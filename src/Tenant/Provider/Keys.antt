-- ===== src/Tenant/Provider/Keys.antt =====
-- The keys of sdk/pkg/tenant/provider/provider.go: the functions of `strings` and `strconv` that it
-- calls, and its tests of a key.
use Prim.Native.Char.{Char, code}
use Prim.Native.String.{len, slice}
use text.Mathlib.Text.{starts_with}
use jxt_core.Base.{
  ℕ, zero, suc, ◌+◌, ◌-◌, ◌*◌, ◌==◌, ltb, leb, ℤ, pos, negsuc, max_int, String, str_eq, length,
  Bool, not, ◌≡◌, refl, ◌&&◌, ◌||◌, Option, none, some, List, [], ◌∷◌, if◌then◌else◌,
}

abbrev pub slash : ℕ
slash = 47

abbrev pub in_front : Char → List String → List String
in_front c [] = (String.◌∷◌ c String.[]) ∷ []
in_front c (s ∷ ss) = (String.◌∷◌ c s) ∷ ss

-- strings.Split, at a separator of one character.
unfoldable pub split_on : ℕ → String → List String
split_on sep String.[] = "" ∷ []
split_on sep (String.◌∷◌ c s) =
    let rest = split_on sep s in if code c == sep then "" ∷ rest else in_front c rest

unfoldable pub split_key : String → List String
unfolding split_on
split_key key = split_on slash key

-- strings.HasSuffix
unfoldable pub ends_with : String → String → Bool
ends_with String.[] t = str_eq "" t
ends_with (String.◌∷◌ c s) t = let rest = ends_with s t in str_eq (String.◌∷◌ c s) t || rest

-- strings.TrimPrefix
unfoldable pub trim_prefix : String → String → String
trim_prefix s p = if starts_with s p then slice s (len p) (len s) else s

-- parts[i]; every call stands behind a test that the part is there.
unfoldable pub part_at : ℕ → List String → String
part_at i [] = ""
part_at zero (p ∷ ps) = p
part_at (suc i) (p ∷ ps) = part_at i ps

-- A number's decimal digits, after those that have the value `n`.
unfoldable pub digits_from : ℕ → String → Option ℕ
digits_from n String.[] = some n
digits_from n (String.◌∷◌ c s) =
    let rest = digits_from (n * 10 + (code c - 48)) s in
    if leb 48 (code c) && leb (code c) 57 then rest else none

unfoldable pub digits_of : String → Option ℕ
unfolding digits_from
digits_of String.[] = none
digits_of (String.◌∷◌ c s) = digits_from 0 (String.◌∷◌ c s)

abbrev pub positive : Option ℕ → Option ℤ
positive none = none
positive (some n) = if leb n max_int then some (pos n) else none

abbrev pub negative : Option ℕ → Option ℤ
negative none = none
negative (some zero) = some (pos 0)
negative (some (suc n)) = if leb n max_int then some (negsuc n) else none

-- strconv.Atoi, an error being `none`.
unfoldable pub atoi : String → Option ℤ
unfolding digits_of
atoi String.[] = none
atoi (String.◌∷◌ c s) =
    if code c == 45
    then negative (digits_of s)
    else if code c == 43
    then positive (digits_of s)
    else positive (digits_of (String.◌∷◌ c s))

-- `len(parts) >= 4 && parts[0] == "tenants" && parts[2] == …`
abbrev pub is_part_2 : String → String → Bool
is_part_2 key kind =
    leb 4 (length (split_key key))
    && str_eq (part_at 0 (split_key key)) "tenants"
    && str_eq (part_at 2 (split_key key)) kind

unfoldable pub is_tenant_meta_key : String → Bool
unfolding ends_with
is_tenant_meta_key key = ends_with key "/meta" && starts_with key "tenants/"

unfoldable pub is_service_database_key : String → Bool
unfolding split_key part_at
is_service_database_key key = is_part_2 key "database"

unfoldable pub is_ftp_config_key : String → Bool
unfolding split_key part_at
is_ftp_config_key key = is_part_2 key "ftp"

unfoldable pub is_storage_config_key : String → Bool
unfolding ends_with
is_storage_config_key key = ends_with key "/storage" && starts_with key "tenants/"

unfoldable pub is_domain_primary_key : String → Bool
unfolding split_key part_at
is_domain_primary_key key = is_part_2 key "domain" && str_eq (part_at 3 (split_key key)) "primary"

unfoldable pub is_domain_aliases_key : String → Bool
unfolding split_key part_at
is_domain_aliases_key key = is_part_2 key "domain" && str_eq (part_at 3 (split_key key)) "aliases"

unfoldable pub is_domain_internal_key : String → Bool
unfolding split_key part_at
is_domain_internal_key key = is_part_2 key "domain" && str_eq (part_at 3 (split_key key)) "internal"

unfoldable pub is_wvp_config_key : String → Bool
unfolding split_key part_at
is_wvp_config_key key = is_part_2 key "platform" && str_eq (part_at 3 (split_key key)) "wvp"

unfoldable pub is_resolver_config_key : String → Bool
is_resolver_config_key key = str_eq key "common/resolver"

-- Which keys a watch looks at: all of tenants/ but the internal index, and two of common/.
unfoldable pub is_known_watch_key : String → Bool
is_known_watch_key key =
    if starts_with key "tenants/"
    then not (starts_with key "tenants/_index/")
    else str_eq key "common/resolver" || str_eq key "common/storage-directory"

-- parseTenantID: the tenant of a whole key.
unfoldable pub parse_tenant_id : String → String → Option ℤ
unfolding trim_prefix split_key part_at atoi
parse_tenant_id namespace key =
    if not (starts_with key namespace)
    then none
    else (let parts = split_key (trim_prefix key namespace) in
        if ltb (length parts) 2 || not (str_eq (part_at 0 parts) "tenants")
        then none
        else atoi (part_at 1 parts))

key_test : atoi (part_at 1 (split_key "tenants/-12/meta")) ≡ some (negsuc 11)
unfolding atoi part_at split_key split_on
key_test = refl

+===+

▸ WHAT YOU HAVE TO DO:
Exactly the lines above from the one with "unfoldable pub digits_from" to the one with "(part_at 0 (split_key", both included, are to be quoted; leave the rest out.

▸ TASK SOLUTION:
unfoldable pub digits_from : ℕ → String → Option ℕ
digits_from n String.[] = some n
digits_from n (String.◌∷◌ c s) =
    let rest = digits_from (n * 10 + (code c - 48)) s in
    if leb 48 (code c) && leb (code c) 57 then rest else none

unfoldable pub digits_of : String → Option ℕ
unfolding digits_from
digits_of String.[] = none
digits_of (String.◌∷◌ c s) = digits_from 0 (String.◌∷◌ c s)

abbrev pub positive : Option ℕ → Option ℤ
positive none = none
positive (some n) = if leb n max_int then some (pos n) else none

abbrev pub negative : Option ℕ → Option ℤ
negative none = none
negative (some zero) = some (pos 0)
negative (some (suc n)) = if leb n max_int then some (negsuc n) else none

-- strconv.Atoi, an error being `none`.
unfoldable pub atoi : String → Option ℤ
unfolding digits_of
atoi String.[] = none
atoi (String.◌∷◌ c s) =
    if code c == 45
    then negative (digits_of s)
    else if code c == 43
    then positive (digits_of s)
    else positive (digits_of (String.◌∷◌ c s))

-- `len(parts) >= 4 && parts[0] == "tenants" && parts[2] == …`
abbrev pub is_part_2 : String → String → Bool
is_part_2 key kind =
    leb 4 (length (split_key key))
    && str_eq (part_at 0 (split_key key)) "tenants"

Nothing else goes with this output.